Trop de cadeaux aux entreprises

La création d’emplois grâce aux subventions est un mirage.

S’ils veulent diminuer leurs dépenses sans trop nuire à l’économie, les gouvernements disposent d’une option : réduire les trop nombreuses subventions.

Les divers paliers de gouvernement dépensent des milliards de dollars chaque année sous forme de subventions aux entreprises. Des sommes versées en échange de promesses d’emplois... qui ne sont pas toujours tenues. De plus, ces subventions sont souvent octroyées sur la base de calculs davantage politiques qu’économiques.

Selon une récente étude du chercheur Mark Milke, de l’Institut Fraser, de 1980 à 2009, les administrations fédérales, provinciales et municipales du Canada ont donné un total de 684 milliards de dollars en subventions, accordées aux entreprises privées et publiques et aux consommateurs, mais l'essentiel a été alloué aux entreprises. Dans une autre étude menée en 2012, M. Milke avait également calculé qu'entre 1982 et 2012, le ministère fédéral de l’Industrie avait versé 13,7 G$ de subventions, fonds en majorité alloués aux multinationales du secteur de l'aérospatiale et aux constructeurs automobiles.

Là où le bât blesse pour le contribuable canadien, écrivait le chercheur, c'est que de ce total, 6 G$ avaient été « donnés » plutôt que prêtés. Quant à l’autre moitié (un peu plus de 7 G$), il s'agissait bel et bien de prêts, sauf que les entreprises ne les remboursent pas, ou très rarement.

Seulement 2,1 G$ avaient été remboursés depuis 1982. Le taux d'intérêt payé par les entreprises sur ces prêts est souvent minime, tandis que l'État — qui doit d'abord emprunter ces dollars sur les marchés — est assujetti aux taux d'intérêt du marché. Selon le chercheur, depuis une trentaine d’années, l'État n'a recouvré que neuf millions de dollars en intérêts sur ces milliards prêtés.

Mirages économiques

La création d’emplois grâce aux subventions est un mirage. Les subventions ne créent pas d'emplois, elles ne font que déplacer ceux-ci. On peut aider la zone géographique ciblée, mais cela se traduit ailleurs par des pertes d’emplois ou de recettes fiscales. Les entreprises bénéficiaires ne peuvent pas garantir les emplois que les politiciens promettent. Ces emplois dépendent de la croissance économique et non des subventions. Cela n'empêchera cependant pas les politiciens de se servir de ces dernières pour acheter des votes.

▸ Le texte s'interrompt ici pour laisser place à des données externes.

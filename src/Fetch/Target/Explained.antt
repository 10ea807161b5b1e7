-- ===== src/Fetch/Target/Explained.antt =====
-- The errors of a target's check have a code and a message, or are the resolver's `UnicodeError`.
use daily_firehose.Common.{
  ℕ, ◌≡◌, refl, String, true, Option, none, some, List, [], ◌∷◌, leb, truthy, Bool-cases, inl, inr,
  Result, str_eq,
}
use daily_firehose.Fetch.Wire.{
  FetchError, Lookup, found_addresses, os_error, not_encodable, UrlParts, Address, Net, Env, Call,
  call_lib, ◌>>=◌,
}
use daily_firehose.Fetch.Wire.Laws.{Fails, RaisesUnicode, >>=-Fails}
use daily_firehose.Fetch.Target.{
  check_deadline, effective_port, is_allowed_port, is_public, check_addresses, check_address,
  resolved, lift, resolve, check_port, check_parts, is_plain_http, validate_target, prepare_request,
  prepared_url,
}

module _ {W : Type 0} (env : Env W) where
  pub check_deadline-Fails :
      (deadline : ℕ) (s : Net W) → Fails (RaisesUnicode env) (check_deadline env deadline s).0
  unfolding check_deadline
  check_deadline-Fails deadline s = elim (Bool-cases (leb deadline (env.monotonic s.world).0)) [
    | inl q ↦ rw q (refl, refl)
    | inr q ↦ rw q tt
  ]

  prepared_url-Fails :
      (code : String) (o : Option (Option String))
      → truthy code ≡ true
      → Fails (RaisesUnicode env) (prepared_url env code o)
  prepared_url-Fails code none h = elim (Bool-cases (str_eq code "invalid_redirect")) [
    | inl q ↦ rw q (h, refl)
    | inr q ↦ rw q (h, refl)
  ]
  prepared_url-Fails code (some none) h = (h, refl)
  prepared_url-Fails code (some (some url)) h = tt

  pub prepare_request-Fails :
      (code url : String)
      → truthy code ≡ true
      → Fails (RaisesUnicode env) (prepare_request env code url)
  unfolding prepare_request
  prepare_request-Fails code url h = prepared_url-Fails code (env.prepare url) h

  check_address-Fails :
      (o : Option Address) (others : Result FetchError (Unit {0}))
      → Fails (RaisesUnicode env) others
      → Fails (RaisesUnicode env) (check_address env o others)
  check_address-Fails none others h = (refl, refl)
  check_address-Fails (some ip) others h = elim (Bool-cases (is_public env ip)) [
    | inl q ↦ rw q h
    | inr q ↦ rw q (refl, refl)
  ]

  check_addresses-Fails :
      (found : List String) → Fails (RaisesUnicode env) (check_addresses env found)
  unfolding check_addresses
  check_addresses-Fails [] = tt
  check_addresses-Fails (a ∷ rest) =
      check_address-Fails (env.address a) (check_addresses env rest) (check_addresses-Fails rest)

  resolved-Fails :
      (host : String) (port : ℕ) (w : W) (o : Lookup)
      → (env.addresses host port w).0 ≡ o
      → Fails (RaisesUnicode env) (resolved env o)
  resolved-Fails host port w os_error e = (refl, refl)
  resolved-Fails host port w not_encodable e = (host, port, w, e)
  resolved-Fails host port w (found_addresses []) e = (refl, refl)
  resolved-Fails host port w (found_addresses (a ∷ rest)) e = tt

  -- an answered call with its continuation, which need not be explained for any other answer
  looked_up-Fails :
      (host : String) (port : ℕ) (s : Net W) (next : Lookup → Call W (Unit {0}))
      → ((o : Lookup)
          → (env.addresses host port s.world).0 ≡ o
          → (t : Net W) → Fails (RaisesUnicode env) (next o t).0)
      → Fails (RaisesUnicode env) ((call_lib (env.addresses host port) >>= next) s).0
  looked_up-Fails host port s next h = h (env.addresses host port s.world).0 refl _

  resolve-Fails :
      (host : String) (port : ℕ) (s : Net W) → Fails (RaisesUnicode env) (resolve env host port s).0
  resolve-Fails host port s =
      let check : List String → Call W (Unit {0}) = λ a. lift env (check_addresses env a) in
      looked_up-Fails host port s (λ o. lift env (resolved env o) >>= check)
        (λ o e.
          >>=-Fails env (lift env (resolved env o)) check
            (λ t. resolved-Fails host port s.world o e) (λ a t. check_addresses-Fails a))

  check_port-Fails :
      (p : UrlParts) (o : Option String) (s : Net W)
      → Fails (RaisesUnicode env) (check_port env p o s).0
  check_port-Fails p none s = (refl, refl)
  check_port-Fails p (some host) s =
      elim (Bool-cases (is_allowed_port env (effective_port env p p.port))) [
        | inl k ↦ rw k (resolve-Fails host (effective_port env p p.port) s)
        | inr k ↦ rw k (refl, refl)
      ]

  check_parts-Fails :
      (o : Option UrlParts) (s : Net W) → Fails (RaisesUnicode env) (check_parts env o s).0
  check_parts-Fails none s = (refl, refl)
  check_parts-Fails (some p) s = elim (Bool-cases (is_plain_http env p)) [
    | inl k ↦ rw k (check_port-Fails p p.hostname s)
    | inr k ↦ rw k (refl, refl)
  ]

  pub validate_target-Fails :
      (url : String) (s : Net W) → Fails (RaisesUnicode env) (validate_target env url s).0
  unfolding validate_target
  validate_target-Fails url s = check_parts-Fails (env.split_url url) s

Cette politique a en outre un effet secondaire néfaste : elle entraîne la multiplication des lobbyistes. Plus l’État accorde des subventions et impose des réglementations, plus la réussite d’une entreprise dépend de l’aide gouvernementale. Les entreprises doivent alors embaucher des lobbyistes pour tirer leur épingle du jeu. Quel gaspillage d'efforts et de ressources!

Des idées de réformes

On me dira que les pays tels que les États-Unis, l’Union européenne ou la Chine versent des subventions aux entreprises et que nous devons leur emboîter le pas. Je crois que la seule solution à cette course vers le bas consisterait à renforcer les accords avec l’Organisation mondiale du commerce, par exemple, et ainsi éliminer les subventions dans tous les pays.

Selon la Fédération canadienne de l’entreprise indépendante, la grande majorité des PME canadiennes préféreraient des baisses de taxes plutôt que des subventions. Les contribuables économiseraient aussi sur les coûts d'administration de tous les programmes subventionnaires.

Le problème, c'est que les politiciens tiennent grandement au pouvoir de dépenser votre argent à leur guise. Et les bureaucrates, eux, veulent conserver leur emploi. C'est pourquoi réformer l’aide aux entreprises risque de s’avérer tout un défi!